About this exercise: Only the number is needed: count the lines below that hold the string "abbrev".

[Source records]
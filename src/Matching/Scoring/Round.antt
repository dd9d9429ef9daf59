-- ===== src/Matching/Scoring/Round.antt =====
-- One round of the scoring worker: it ends the job that it finds, or there is none.
use internship_pilot.Prelude.{
  ℕ, ◌≡◌, ◌⊎◌, refl, sym, ap, ◌∙◌, arith, Bool, true, false, Option, none, some, String, str_eq,
  is_some, if◌then◌else◌, ◌==◌, Bool-cases, inl, inr,
}
use internship_pilot.Database.{Table, hits, patched}
use internship_pilot.Program.{
  Result, ok, err, Failure, ◌>>◌, return, bind-ok, bind-err, catch-ok, catch-err,
}
use internship_pilot.Matching.Scoring.{
  ScoringState, scored, failed, is_queued, is_waiting, is_ended, JobRow, is_abandoned, recovered,
  claimed, finished, goes_first, Store, Scorer, update_job, recover_abandoned_scoring_jobs,
  find_next, no_longer_scoring, score_claimed, after_claim, score_found, score_next_queued_job,
}

abbrev pub waiting_row : Option JobRow → Bool
waiting_row none = false
waiting_row (some r) = is_waiting r.scoring_state

abbrev pub queued_row : Option JobRow → Bool
queued_row none = false
queued_row (some r) = is_queued r.scoring_state

abbrev pub state_of : Option JobRow → Option ScoringState
state_of none = none
state_of (some r) = some r.scoring_state

recovered_waits :
    (now : ℕ) (o : Option JobRow)
    → waiting_row (patched (is_abandoned now) recovered o) ≡ waiting_row o
recovered_waits now none = refl
recovered_waits now (some r) = ground arith

claimed_waits :
    (now : ℕ) (o : Option JobRow)
    → waiting_row (patched (λ q. is_queued q.scoring_state) (claimed now) o) ≡ waiting_row o
claimed_waits now none = refl
claimed_waits now (some r) = ground arith

finished_waits :
    (now : ℕ) (st : ScoringState) (er : Option String) (o : Option JobRow)
    → is_ended st ≡ true
    → waiting_row (patched (λ _. true) (finished now st er) o) ≡ false
finished_waits now st er none h = refl
finished_waits now st er (some r) h = ground arith

same_waits : (a b : Option JobRow) → state_of a ≡ state_of b → waiting_row a ≡ waiting_row b
same_waits none none e = refl
same_waits none (some b) e = cc
same_waits (some a) none e = cc
same_waits (some a) (some b) e = ground arith

pub waits_of_queued : (o : Option JobRow) → queued_row o ≡ true → waiting_row o ≡ true
waits_of_queued none h = h
waits_of_queued (some r) h = ground arith

exists_of_waiting : (o : Option JobRow) → waiting_row o ≡ true → is_some o ≡ true
exists_of_waiting none h = cc
exists_of_waiting (some r) h = refl

module _ (J : Table JobRow) (scorer : Scorer J) where
  -- A score leaves the scoring state of every job, and the jobs themselves, as they are.
  abbrev pub KeepsStates : Type 0
  KeepsStates =
      (id user : String) (s : Store J) (k : String)
      → state_of (J.find_unique k (scorer.run id user s).1.jobs) ≡ state_of (J.find_unique k s.jobs)

  abbrev pub waits_at : String → Store J → Bool
  waits_at k s = waiting_row (J.find_unique k s.jobs)

  -- The job was waiting; now it has ended, and every other job waits exactly if it did.
  abbrev pub IsEnded : String → Store J → Store J → Type 0
  IsEnded id s u =
      (waits_at id s ≡ true)
      × ((j : String) → waits_at j u ≡ (if str_eq j id then false else waits_at j s))

  recover-waits_at :
      (now : ℕ) (s : Store J) (k : String)
      → waits_at k (recover_abandoned_scoring_jobs J now s) ≡ waits_at k s
  unfolding recover_abandoned_scoring_jobs
  recover-waits_at now s k =
      ap waiting_row (J.update_many-find_unique (λ _ r. is_abandoned now r) recovered s.jobs k)
      ∙ recovered_waits now (J.find_unique k s.jobs)

  update_at-waits_at :
      (id : String) (w : JobRow → Bool) (f : JobRow → JobRow) (s : Store J) (k : String)
      → waiting_row (J.find_unique k (J.update_at id w f s.jobs))
        ≡ (if str_eq k id then waiting_row (patched w f (J.find_unique k s.jobs)) else waits_at k s)
  update_at-waits_at id w f s k =
      ap waiting_row (J.update_at-find_unique id w f s.jobs k)
      ∙ (elim (Bool-cases (str_eq k id)) [ inl y ↦ rw y refl | inr n ↦ rw n refl ])

  claim-waits_at :
      (now : ℕ) (id : String) (s : Store J) (k : String)
      → waiting_row
          (J.find_unique k (J.update_at id (λ q. is_queued q.scoring_state) (claimed now) s.jobs))
        ≡ waits_at k s
  claim-waits_at now id s k =
      update_at-waits_at id (λ q. is_queued q.scoring_state) (claimed now) s k
      ∙ (elim (Bool-cases (str_eq k id)) [
        | inl y ↦ rw y (claimed_waits now (J.find_unique k s.jobs))
        | inr n ↦ rw n refl
      ])

  finish :
      (now : ℕ) (id : String) (st : ScoringState) (er : Option String) (s : Store J)
      → is_ended st ≡ true
      → waits_at id s ≡ true
      → (u : Store J) × (update_job J id (finished now st er) s ≡ (ok tt, u)) × IsEnded id s u
  unfolding update_job
  finish now id st er s h w = (
    record s { jobs = J.update_at id (λ _. true) (finished now st er) s.jobs },
    rw (exists_of_waiting (J.find_unique id s.jobs) w) refl,
    (
      w,
      λ j.
          update_at-waits_at id (λ _. true) (finished now st er) s j
          ∙ (elim (Bool-cases (str_eq j id)) [
            | inl y ↦ rw y (finished_waits now st er (J.find_unique j s.jobs) h)
            | inr n ↦ rw n refl
          ]),
    ),
  )

  ended_from :
      (id : String) (s t u : Store J)
      → ((k : String) → waits_at k t ≡ waits_at k s)
      → IsEnded id t u
      → IsEnded id s u
  ended_from id s t u same (w, rest) =
      (sym (same id) ∙ w, λ j. rest j ∙ ap (λ b. if str_eq j id then false else b) (same j))

  module _ (keeps : KeepsStates) where
    scorer-waits_at :
        (id user : String) (s : Store J) (k : String)
        → waits_at k (scorer.run id user s).1 ≡ waits_at k s
    scorer-waits_at id user s k = same_waits _ _ (keeps id user s k)

    after_run :
        (now : ℕ) (user id : String) (s t : Store J) (r : Result (Unit {0}))
        → waits_at id t ≡ true
        → scorer.run id user s ≡ (r, t)
        → (u : Store J) × (score_claimed J scorer now user id s ≡ (ok tt, u)) × IsEnded id t u
    after_run now user id s t (ok x) w p =
        let m = scorer.run id user in
        let next = update_job J id (finished now scored none) in
        let handle =
          λ (e : Failure). update_job J id (finished now failed (some (scorer.message e))) in
        let (u, done, ended) = finish now id scored none t refl w in
        (
          record u { currently_scoring = none },
          ap (no_longer_scoring J)
              (catch-ok (m >> next) handle s tt u (bind-ok m (λ _. next) s tt t p ∙ done)),
          ended,
        )
    after_run now user id s t (err e) w p =
        let m = scorer.run id user in
        let next = update_job J id (finished now scored none) in
        let handle =
          λ (e : Failure). update_job J id (finished now failed (some (scorer.message e))) in
        let (u, done, ended) = finish now id failed (some (scorer.message e)) t refl w in
        (
          record u { currently_scoring = none },
          ap (no_longer_scoring J)
              (catch-err (m >> next) handle s e t (bind-err m (λ _. next) s e t p) ∙ done),
          ended,
        )

    claimed_ends :
        (now : ℕ) (user id : String) (s : Store J)
        → waits_at id s ≡ true
        → (u : Store J) × (score_claimed J scorer now user id s ≡ (ok tt, u)) × IsEnded id s u
    claimed_ends now user id s w =
        let r = scorer.run id user s in
        let same = scorer-waits_at id user s in
        let (u, done, ended) = after_run now user id s r.1 r.0 (same id ∙ w) refl in
        (u, done, ended_from id s r.1 u same ended)

    one_claimed :
        (id : String) (r : JobRow) (s : Store J)
        → J.find_unique id s.jobs ≡ some r
        → is_queued r.scoring_state ≡ true
        → (J.count_at id (λ q. is_queued q.scoring_state) s.jobs == 0) ≡ false
    one_claimed id r s f q =
        ap (λ n. n == 0)
          (J.count_at_hits id (λ q. is_queued q.scoring_state) s.jobs
            ∙ ap (hits (λ q. is_queued q.scoring_state)) f)
        ∙ rw q refl

    found_ends :
        (now : ℕ) (user id : String) (r : JobRow) (s : Store J)
        → J.find_unique id s.jobs ≡ some r
        → is_queued r.scoring_state ≡ true
        → (u : Store J) × (score_found J scorer now user (some (id, r)) s ≡ (ok true, u))
          × IsEnded id s u
    found_ends now user id r s f q =
        let t = record s {
          jobs = J.update_at id (λ q. is_queued q.scoring_state) (claimed now) s.jobs;
          currently_scoring = some id;
        } in
        let waits = waits_of_queued (J.find_unique id s.jobs) (rw f q) in
        let (u, done, ended) = claimed_ends now user id t (claim-waits_at now id s id ∙ waits) in
        (
          u,
          ap
                (λ b.
                  after_claim J b scorer now user id
                    (record t { currently_scoring = s.currently_scoring }))
                (one_claimed id r s f q)
              ∙ bind-ok (score_claimed J scorer now user id) (λ _. return true) t tt u done,
          ended_from id s t u (claim-waits_at now id s) ended,
        )

    -- What one round of the worker does: it finds no queued job, or it ends one that was waiting.
    abbrev pub Progress : Store J → Result Bool × Store J → Type 0
    Progress s x =
        ((x.0 ≡ ok false)
          × ((k : String) → queued_row (J.find_unique k x.1.jobs) ≡ false)
          × ((k : String) → waits_at k x.1 ≡ waits_at k s))
        ⊎ ((x.0 ≡ ok true) × (id : String) × IsEnded id s x.1)

    none_queued :
        (s : Store J) (k : String)
        → find_next J s ≡ none
        → queued_row (J.find_unique k s.jobs) ≡ false
    none_queued s k e = go (J.find_unique k s.jobs) refl
      where
        go : (o : Option JobRow) → J.find_unique k s.jobs ≡ o → queued_row o ≡ false
        go none f = refl
        go (some r) f =
            J.find_first_none (λ _ r. is_queued r.scoring_state) goes_first s.jobs k r e f

    found-Progress :
        (now : ℕ) (user : String) (s t : Store J) (o : Option (String × JobRow))
        → find_next J t ≡ o
        → ((k : String) → waits_at k t ≡ waits_at k s)
        → Progress s (score_found J scorer now user o t)
    found-Progress now user s t none e same = inl (refl, λ k. none_queued t k e, same)
    found-Progress now user s t (some (id, r)) e same =
        let (f, q) =
          J.find_first_sound (λ _ r. is_queued r.scoring_state) goes_first t.jobs id r e in
        let (u, done, ended) = found_ends now user id r t f q in
        rw done (inr (refl, id, ended_from id s t u same ended))

    -- For a scorer that leaves every job in place and in its scoring state (`KeepsStates`), whether it
    -- returns or throws, a round of the worker does not fail. It answers `false` only where no job is
    -- left in the queue; otherwise it answers `true`, and one job that was waiting waits no longer,
    -- while every other job waits exactly if it did before.
    pub score_next_queued_job-Progress :
        (now : ℕ) (user : String) (s : Store J)
        → Progress s (score_next_queued_job J scorer now user s)
    unfolding score_next_queued_job
    score_next_queued_job-Progress now user s =
        let t = recover_abandoned_scoring_jobs J now (record s { last_heartbeat = some now }) in
        found-Progress now user s t (find_next J t) refl
          (recover-waits_at now (record s { last_heartbeat = some now }))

Your solution: 7